United States District Court, W.D. Michigan, Southern Division
Feb 13, 2006
File No. 1:04-CV-723 (W.D. Mich. Feb. 13, 2006)

Opinion

File No. 1:04-CV-723.

February 13, 2006


OPINION


This matter comes before the Court on Movant Doman D. Raines' motion to vacate, set aside, or correct sentence pursuant to 28 U.S.C. § 2255.

I.

On January 17, 2002, Movant entered a plea of guilty pursuant to a written plea agreement to four counts of an indictment: (1) being a felon in possession of a firearm, 18 U.S.C. § 922(g)(1); (2) possession of a stolen firearm, 18 U.S.C. § 922(j); (3) distribution of cocaine base, 21 U.S.C. § 841(a)(1); and (4) collection of credit by extortionate means, 18 U.S.C. § 894(a)(1) and (2). On April 19, 2002, this Court sentenced Movant to four terms of 114 months, to be served concurrently. Judgment of conviction was entered on April 23, 2002. Movant appealed his sentence to the Sixth Circuit. The sentence was affirmed on December 13, 2002. On or about October 8, 1994, Movant filed the instant § 2255 motion.

Under Sixth Circuit precedent, the application is deemed filed when handed to prison authorities for mailing to the federal court. Cook v. Stegall, 295 F.3d 517, 521 (6th Cir. 2002); In re Sims, 111 F.3d 45, 47 (6th Cir. 1997). Petitioner did not date his motion and mistakenly mailed it to the Sixth Circuit. The motion was received by the Sixth Circuit on October 8, 2004. It was filed in this Court on October 14, 2004. Thus, it must have been handed to prison officials sometime before October 8, 2004, though the Court is unable to determine the precise date.

II.

A prisoner who moves to vacate his sentence under § 2255 must show that the sentence was imposed in violation of the Constitution or laws of the United States, that the court was without jurisdiction to impose such sentence, that the sentence was in excess of the maximum authorized by law, or that it is otherwise subject to collateral attack. 28 U.S.C. § 2255. To prevail under § 2255, "a petitioner must demonstrate the existence of an error of constitutional magnitude which had a substantial and injurious effect or influence on the guilty plea or the jury's verdict." Griffin v. United States, 330 F.3d 733, 736 (6th Cir. 2003) (citing Brecht v. Abrahamson, 507 U.S. 619, 637 (1993)). "Relief is warranted only where a petitioner has shown `a fundamental defect which inherently results in a complete miscarriage of justice.'" Id. (quoting Davis v. United States, 417 U.S. 333, 346 (1974)).

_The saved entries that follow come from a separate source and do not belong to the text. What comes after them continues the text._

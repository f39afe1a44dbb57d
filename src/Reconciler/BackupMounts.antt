-- ===== src/Reconciler/BackupMounts.antt =====
-- internal/reconciler/backup.go and statefulset.go: the volumes of a game and of its backups.
use gobehost_operator.Prelude.{All, true, ◌≡◌, String, ◌<>◌, map}
use gobehost_operator.Kube.{
  PersistentVolumeClaim, StatefulSet, Volume, VolumeMount, Container, PodSpec,
}

-- Kubernetes' name for the claim that a template makes for the pod of an ordinal.
abbrev pub claim_name : StatefulSet → PersistentVolumeClaim → String → String
claim_name sts claim ordinal = claim.meta.name <> ("-" <> (sts.meta.name <> ("-" <> ordinal)))

-- A pod whose volumes are the claims of the StatefulSet for its pod 0, and that mounts them all, only
-- to read.
pub record Mounts (sts : StatefulSet) (pod : PodSpec) : Type 0 where
  pub claims :
      map (λ (v : Volume). v.claim_name) pod.volumes
      ≡ map (λ claim. claim_name sts claim "0") sts.volume_claim_templates
  pub mounted :
      All
        (λ (c : Container).
          map (λ (m : VolumeMount). m.name) c.volume_mounts
          ≡ map (λ (v : Volume). v.name) pod.volumes)
        pod.containers
  pub read_only :
      All (λ (v : Volume). v.read_only ≡ true) pod.volumes
      × All
          (λ (c : Container). All (λ (m : VolumeMount). m.read_only ≡ true) c.volume_mounts)
          pod.containers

In an action to vacate or correct the sentence, a court is required to grant a hearing to determine the issues and make findings of fact and conclusions of law "[u]nless the motion and the files and records of the case conclusively show that the prisoner is entitled to no relief. . . ." 28 U.S.C. § 2255.

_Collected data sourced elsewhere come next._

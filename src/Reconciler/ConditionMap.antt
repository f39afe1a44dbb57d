-- ===== src/Reconciler/ConditionMap.antt =====
-- The list of conditions as what it is to its readers, a map from types to conditions: the resources
-- declare it with `listType=map` and `listMapKey=type`. Order and shadowed entries are forgotten by a quotient.
use Prim.Native.Char.{IsScalar}
use text.Mathlib.TextEquality.{IsScalar-prop}
use mathlib.Core.Quot
use mathlib.Core.Quot.{Quot, Quot-set}
use gobehost_operator.Prelude.{
  ℕ, ◌≡◌, refl, ◌≢◌, String, List, Option, some, arith, ◌==◌, eq_iff, if◌then◌else◌,
}
use gobehost_operator.Kube.{Time, ConditionStatus, Condition}
use gobehost_operator.Api.{GameServer, GameServerFleet, GameServerBackup}
use gobehost_operator.Reconciler.Conditions.{
  put_condition, new_condition, set_condition, set_fleet_condition, set_backup_condition,
}
use gobehost_operator.Reconciler.OneCondition.{find_condition, find-put_condition}

-- Every type finds the same condition.
abbrev pub SameConditions : List Condition → List Condition → Type 0
SameConditions xs ys = (t : String) → find_condition t xs ≡ find_condition t ys

abbrev pub ConditionMap : Type 0
ConditionMap = Quot SameConditions

abbrev pub of_list : List Condition → ConditionMap
of_list = Quot.mk

put-SameConditions :
    (c : Condition) (xs ys : List Condition)
    → SameConditions xs ys
    → SameConditions (put_condition c xs) (put_condition c ys)
put-SameConditions c xs ys h t = rw (find-put_condition c xs t, find-put_condition c ys t, h t) refl

-- The setters' loop, on maps.
pub insert : Condition → ConditionMap → ConditionMap
insert c =
    Quot.lift Quot-set (λ xs. of_list (put_condition c xs))
      λ xs ys h. Quot.sound (put-SameConditions c xs ys h)

IsScalar-set : (n : ℕ) → IsSet (IsScalar n)
IsScalar-set n = hlevel (IsScalar-prop)

Condition-set : IsSet (Option Condition)
Condition-set = hlevel (IsScalar-set)

-- meta.FindStatusCondition, on maps.
pub find : String → ConditionMap → Option Condition
find t = Quot.lift Condition-set (find_condition t) λ xs ys h. h t

pub ext : (m n : ConditionMap) → ((t : String) → find t m ≡ find t n) → m ≡ n
unfolding find
ext = Quot.ind (λ _. hlevel Quot-set) λ xs. Quot.ind (λ _. hlevel Quot-set) λ ys. Quot.sound

pub find-insert :
    (t : String) (c : Condition) (m : ConditionMap)
    → find t (insert c m) ≡ (if c.type == t then some c else find t m)
unfolding find insert
find-insert t c = Quot.ind (λ _. Condition-set _ _) λ xs. find-put_condition c xs t

-- Conditions of different types may be set in either order.
pub insert_comm :
    (c d : Condition) (m : ConditionMap)
    → c.type ≢ d.type
    → insert c (insert d m) ≡ insert d (insert c m)
insert_comm c d m h = ext _ _ λ t.
    rw
      (
        find-insert t c (insert d m),
        find-insert t d m,
        find-insert t d (insert c m),
        find-insert t c m,
      )
      (ground (arith, eq_iff c.type t, eq_iff d.type t))

-- Of two conditions of one type the last that is set counts.
pub insert-insert :
    (c d : Condition) (m : ConditionMap) → c.type ≡ d.type → insert c (insert d m) ≡ insert c m
insert-insert c d m h = ext _ _ λ t.
    rw (find-insert t c (insert d m), find-insert t d m, find-insert t c m)
      (ground (arith, eq_iff c.type t, eq_iff d.type t))

module _ (now : Time) (a b : String) (s t : ConditionStatus) (r q m n : String)
    (different : b ≢ a) where
  -- Two conditions of different types are set to the same map in either order, by each of the three
  -- setters.
  pub setters_comm :
      (gs : GameServer) (fleet : GameServerFleet) (backup : GameServerBackup)
      → (of_list (set_condition now (set_condition now gs a s r m) b t q n).status.conditions
          ≡ of_list (set_condition now (set_condition now gs b t q n) a s r m).status.conditions)
        × (of_list
              (set_fleet_condition now
                (set_fleet_condition now fleet a s r m)
                b
                t
                q
                n).status.conditions
            ≡ of_list
                (set_fleet_condition now
                  (set_fleet_condition now fleet b t q n)
                  a
                  s
                  r
                  m).status.conditions)
        × (of_list
              (set_backup_condition now
                (set_backup_condition now backup a s r m)
                b
                t
                q
                n).status.conditions
            ≡ of_list
                (set_backup_condition now
                  (set_backup_condition now backup b t q n)
                  a
                  s
                  r
                  m).status.conditions)
  unfolding insert set_condition set_fleet_condition set_backup_condition
  setters_comm gs fleet backup = (
    insert_comm (new_condition now gs.status.observed_generation b t q n)
        (new_condition now gs.status.observed_generation a s r m) (of_list gs.status.conditions)
        different,
    insert_comm (new_condition now fleet.status.observed_generation b t q n)
        (new_condition now fleet.status.observed_generation a s r m)
        (of_list fleet.status.conditions) different,
    insert_comm (new_condition now backup.status.observed_generation b t q n)
        (new_condition now backup.status.observed_generation a s r m)
        (of_list backup.status.conditions) different,
  )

The statute "does not require a full blown evidentiary hearing in every instance. . . . Rather, the hearing conducted by the court, if any, must be tailored to the specific needs of the case, with due regard for the origin and complexity of the issues of fact and the thoroughness of the record on which (or perhaps, against which) the section 2255 motion is made."
Smith v. United States, 348 F.3d 545, 550-51 (6th Cir. 2003) (quoting United States v. Todaro, 982 F.2d 1025, 1030 (6th Cir. 1993)). No evidentiary hearing is required if the petitioner's allegations "cannot be accepted as true because they are contradicted by the record, inherently incredible, or conclusions rather than statements of fact." Engelen v. United States, 68 F.3d 238, 240 (8th Cir. 1995), quoted in Arredondo v. United States, 178 F.3d 778, 782 (6th Cir. 1999). Where the judge considering the § 2255 motion also conducted the trial, the judge may rely on his or her recollections of the trial. Blanton v. United States, 94 F.3d 227, 235 (6th Cir. 1996).

III.

Movant contends that his sentence was imposed in violation of Apprendi v. New Jersey, 530 U.S. 466 (2000), Blakely v. Washington, 542 U.S. 296 (2004), and United States v. Booker, 125 S. Ct. 738 (2005), because this Court increased his sentence based on findings of fact that were not found by a jury and were not admitted by Movant. He asserts that his attorney rendered ineffective assistance of counsel when counsel failed to challenge the Court's factual findings at sentencing and failed to raise the Apprendi issue on appeal.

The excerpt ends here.